RECORDS SHOWN:
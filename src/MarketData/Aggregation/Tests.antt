-- ===== src/MarketData/Aggregation/Tests.antt =====
-- Candles of one minute, put together to five minutes, and the theorem at them.
use mytradingsystem.Base.{
  List, ℕ, [], ◌/◌, ◌∷◌, aware, pos, ◌*◌, ◌+◌, ◌≡◌, none, second, ◌-◌, ◌⊎◌, Option, err, ok, true,
  ◌+ℤ◌, refl, All,
}
use mytradingsystem.Domain.{Candle, candle}
use mytradingsystem.MarketData.Grouping.{
  Zone, minute_1, nse_open, combine, MarketSession, minute_5, not_a_multiple, by_time, week_1,
  not_daily,
}
use mytradingsystem.MarketData.Aggregation.{
  aggregate_closed_candles, outputs, source_available_at, calendar_of, aggregate_weekly,
}
use mytradingsystem.MarketData.Aggregation.Known.{PointInTime, aggregate-PointInTime}

-- A zone without an offset.
abbrev zone : Zone
zone = record {
  local_date = λ t. t / (86400 * second);
  combine_time = λ date minutes. (date * 86400 + minutes * 60) * second;
}

abbrev minute_at : ℕ → ℕ → Candle
minute_at k price = record {
  instrument_id = 1;
  timestamp = zone.combine_time 10 (nse_open + k);
  timeframe_seconds = 60;
  open_price = pos price;
  high = pos (price + 5);
  low = pos (price - 5);
  close = pos (price + 1);
  volume = pos 3;
  open_interest = none;
  is_closed = true;
}

-- Out of order, and one more than fills a bucket.
abbrev minutes : List Candle
minutes =
    minute_at 2 102
    ∷ minute_at 0 100
    ∷ minute_at 1 101
    ∷ minute_at 3 103
    ∷ minute_at 4 104
    ∷ minute_at 5 105
    ∷ []

abbrev five : Candle
five = record {
  instrument_id = 1;
  timestamp = zone.combine_time 10 nse_open;
  timeframe_seconds = 300;
  open_price = pos 100;
  high = pos 109;
  low = pos 95;
  close = pos 105;
  volume = pos 15;
  open_interest = none;
  is_closed = true;
}

aggregates_five :
    aggregate_closed_candles zone minutes minute_5
      (aware (zone.combine_time 10 (nse_open + 9)))
      none
    ≡ ok (five ∷ [])
unfolding aggregate_closed_candles outputs combine source_available_at candle ◌+ℤ◌
aggregates_five = refl

-- Before the end of the fifth minute there is nothing to give.
too_early :
    aggregate_closed_candles zone minutes minute_5
      (aware (zone.combine_time 10 (nse_open + 4)))
      none
    ≡ ok []
unfolding aggregate_closed_candles outputs combine source_available_at candle
too_early = refl

not_finer :
    aggregate_closed_candles zone minutes minute_1
      (aware (zone.combine_time 10 (nse_open + 9)))
      none
    ≡ err not_a_multiple
unfolding aggregate_closed_candles
not_finer = refl

abbrev daily : Candle
daily = record (minute_at 0 100) { timeframe_seconds = 86400 }

-- A week of which no day is over yet is refused as if its candles were not daily.
week_refused :
    aggregate_closed_candles zone
      (daily ∷ [])
      week_1
      (aware (zone.combine_time 10 (nse_open + 4)))
      none
    ≡ err not_daily
unfolding aggregate_closed_candles aggregate_weekly source_available_at
week_refused = refl

aggregate-PointInTime_example :
    (five ∷ [] ≡ [])
    ⊎ ((c : Candle) × (rest : List Candle) × (calendar : Option (List MarketSession)) × (by_time
            minutes
          ≡ c ∷ rest)
        × (calendar_of zone none ≡ ok calendar)
        × All
            (PointInTime zone minutes minute_5
              (zone.combine_time 10 (nse_open + 9))
              c.timeframe_seconds
              calendar)
            (five ∷ []))
aggregate-PointInTime_example =
    aggregate-PointInTime zone minutes minute_5 (zone.combine_time 10 (nse_open + 9)) none
      aggregates_five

EXERCISE:
Transcribe the material above in full.

ANSWER TO THIS EXERCISE:
filename src/MarketData/Aggregation/Tests.antt
-- ===== src/MarketData/Aggregation/Tests.antt =====
-- Candles of one minute, put together to five minutes, and the theorem at them.
use mytradingsystem.Base.{
  List, ℕ, [], ◌/◌, ◌∷◌, aware, pos, ◌*◌, ◌+◌, ◌≡◌, none, second, ◌-◌, ◌⊎◌, Option, err, ok, true,
  ◌+ℤ◌, refl, All,
}
use mytradingsystem.Domain.{Candle, candle}
use mytradingsystem.MarketData.Grouping.{
  Zone, minute_1, nse_open, combine, MarketSession, minute_5, not_a_multiple, by_time, week_1,
  not_daily,
}
use mytradingsystem.MarketData.Aggregation.{
  aggregate_closed_candles, outputs, source_available_at, calendar_of, aggregate_weekly,
}
use mytradingsystem.MarketData.Aggregation.Known.{PointInTime, aggregate-PointInTime}

-- A zone without an offset.
abbrev zone : Zone
zone = record {
  local_date = λ t. t / (86400 * second);
  combine_time = λ date minutes. (date * 86400 + minutes * 60) * second;
}

abbrev minute_at : ℕ → ℕ → Candle
minute_at k price = record {
  instrument_id = 1;
  timestamp = zone.combine_time 10 (nse_open + k);
  timeframe_seconds = 60;
  open_price = pos price;
  high = pos (price + 5);
  low = pos (price - 5);
  close = pos (price + 1);
  volume = pos 3;
  open_interest = none;
  is_closed = true;
}

-- Out of order, and one more than fills a bucket.
abbrev minutes : List Candle
minutes =
    minute_at 2 102
    ∷ minute_at 0 100
    ∷ minute_at 1 101
    ∷ minute_at 3 103
    ∷ minute_at 4 104
    ∷ minute_at 5 105
    ∷ []

abbrev five : Candle
five = record {
  instrument_id = 1;
  timestamp = zone.combine_time 10 nse_open;
  timeframe_seconds = 300;
  open_price = pos 100;
  high = pos 109;
  low = pos 95;
  close = pos 105;
  volume = pos 15;
  open_interest = none;
  is_closed = true;
}

aggregates_five :
    aggregate_closed_candles zone minutes minute_5
      (aware (zone.combine_time 10 (nse_open + 9)))
      none
    ≡ ok (five ∷ [])
unfolding aggregate_closed_candles outputs combine source_available_at candle ◌+ℤ◌
aggregates_five = refl

-- Before the end of the fifth minute there is nothing to give.
too_early :
    aggregate_closed_candles zone minutes minute_5
      (aware (zone.combine_time 10 (nse_open + 4)))
      none
    ≡ ok []
unfolding aggregate_closed_candles outputs combine source_available_at candle
too_early = refl

not_finer :
    aggregate_closed_candles zone minutes minute_1
      (aware (zone.combine_time 10 (nse_open + 9)))
      none
    ≡ err not_a_multiple
unfolding aggregate_closed_candles
not_finer = refl

abbrev daily : Candle
daily = record (minute_at 0 100) { timeframe_seconds = 86400 }

-- A week of which no day is over yet is refused as if its candles were not daily.
week_refused :
    aggregate_closed_candles zone
      (daily ∷ [])
      week_1
      (aware (zone.combine_time 10 (nse_open + 4)))
      none
    ≡ err not_daily
unfolding aggregate_closed_candles aggregate_weekly source_available_at
week_refused = refl

aggregate-PointInTime_example :
    (five ∷ [] ≡ [])
    ⊎ ((c : Candle) × (rest : List Candle) × (calendar : Option (List MarketSession)) × (by_time
            minutes
          ≡ c ∷ rest)
        × (calendar_of zone none ≡ ok calendar)
        × All
            (PointInTime zone minutes minute_5
              (zone.combine_time 10 (nse_open + 9))
              c.timeframe_seconds
              calendar)
            (five ∷ []))
aggregate-PointInTime_example =
    aggregate-PointInTime zone minutes minute_5 (zone.combine_time 10 (nse_open + 9)) none
      aggregates_five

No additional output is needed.